# Exercise prompt
From the records beneath, determine how many lines contain "Bool" and report only that figure.

(Provided records begins)

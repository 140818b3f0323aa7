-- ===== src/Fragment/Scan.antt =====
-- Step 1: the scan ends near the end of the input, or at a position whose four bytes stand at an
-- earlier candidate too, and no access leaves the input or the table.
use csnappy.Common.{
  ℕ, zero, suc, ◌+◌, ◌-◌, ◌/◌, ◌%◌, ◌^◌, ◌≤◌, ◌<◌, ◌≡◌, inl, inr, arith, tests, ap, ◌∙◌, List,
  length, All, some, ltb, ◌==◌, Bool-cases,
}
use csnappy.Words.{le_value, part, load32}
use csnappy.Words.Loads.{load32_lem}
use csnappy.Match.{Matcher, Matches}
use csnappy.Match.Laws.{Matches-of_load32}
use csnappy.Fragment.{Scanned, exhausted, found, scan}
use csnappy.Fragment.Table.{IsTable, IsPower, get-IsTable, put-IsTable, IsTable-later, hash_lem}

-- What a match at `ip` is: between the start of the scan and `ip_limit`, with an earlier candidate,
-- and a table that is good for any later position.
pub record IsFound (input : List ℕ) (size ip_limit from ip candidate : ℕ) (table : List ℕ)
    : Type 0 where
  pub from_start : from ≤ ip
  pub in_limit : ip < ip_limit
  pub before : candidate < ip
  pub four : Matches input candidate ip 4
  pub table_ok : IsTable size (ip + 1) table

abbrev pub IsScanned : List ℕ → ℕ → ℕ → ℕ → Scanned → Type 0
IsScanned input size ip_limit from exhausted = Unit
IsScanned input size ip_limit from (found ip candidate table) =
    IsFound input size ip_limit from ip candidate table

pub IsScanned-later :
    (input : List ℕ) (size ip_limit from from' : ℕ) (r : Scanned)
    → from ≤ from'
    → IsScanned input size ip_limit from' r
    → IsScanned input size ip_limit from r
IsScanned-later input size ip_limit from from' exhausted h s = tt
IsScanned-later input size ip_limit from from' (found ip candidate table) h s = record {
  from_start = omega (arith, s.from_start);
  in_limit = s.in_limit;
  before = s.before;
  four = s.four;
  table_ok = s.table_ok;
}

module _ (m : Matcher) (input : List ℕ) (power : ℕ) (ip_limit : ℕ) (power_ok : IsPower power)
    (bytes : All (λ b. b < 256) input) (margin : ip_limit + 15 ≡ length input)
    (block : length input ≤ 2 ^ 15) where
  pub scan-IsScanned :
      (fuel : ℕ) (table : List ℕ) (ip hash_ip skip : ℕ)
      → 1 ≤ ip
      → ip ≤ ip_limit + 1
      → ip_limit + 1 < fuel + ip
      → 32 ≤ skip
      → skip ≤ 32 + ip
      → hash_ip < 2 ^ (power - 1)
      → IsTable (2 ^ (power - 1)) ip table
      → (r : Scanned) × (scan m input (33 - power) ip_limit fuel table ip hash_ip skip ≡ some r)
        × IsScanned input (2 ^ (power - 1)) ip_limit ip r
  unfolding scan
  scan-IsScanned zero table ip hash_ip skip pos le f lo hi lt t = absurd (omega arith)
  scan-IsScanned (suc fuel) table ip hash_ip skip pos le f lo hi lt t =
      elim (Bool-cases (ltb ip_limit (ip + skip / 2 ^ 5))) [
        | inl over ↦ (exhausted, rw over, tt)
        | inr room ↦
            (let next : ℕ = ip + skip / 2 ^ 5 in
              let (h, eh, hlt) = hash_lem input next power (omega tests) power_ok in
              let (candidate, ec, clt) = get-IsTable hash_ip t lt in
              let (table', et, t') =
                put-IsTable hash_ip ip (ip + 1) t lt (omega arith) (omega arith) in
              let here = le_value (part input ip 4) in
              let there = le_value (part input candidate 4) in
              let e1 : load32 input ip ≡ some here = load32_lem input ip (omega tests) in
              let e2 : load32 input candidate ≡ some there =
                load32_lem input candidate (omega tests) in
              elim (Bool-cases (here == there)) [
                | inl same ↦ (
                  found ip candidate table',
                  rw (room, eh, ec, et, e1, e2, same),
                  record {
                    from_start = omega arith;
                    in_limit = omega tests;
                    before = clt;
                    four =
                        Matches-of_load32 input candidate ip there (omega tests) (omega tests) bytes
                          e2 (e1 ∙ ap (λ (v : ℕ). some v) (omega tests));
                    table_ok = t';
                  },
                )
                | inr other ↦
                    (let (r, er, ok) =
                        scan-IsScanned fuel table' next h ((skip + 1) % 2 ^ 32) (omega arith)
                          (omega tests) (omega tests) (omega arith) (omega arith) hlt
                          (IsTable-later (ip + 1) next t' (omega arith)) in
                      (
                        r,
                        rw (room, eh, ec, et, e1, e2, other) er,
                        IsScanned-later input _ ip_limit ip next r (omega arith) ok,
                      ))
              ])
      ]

(Provided records ends)

# Written response
3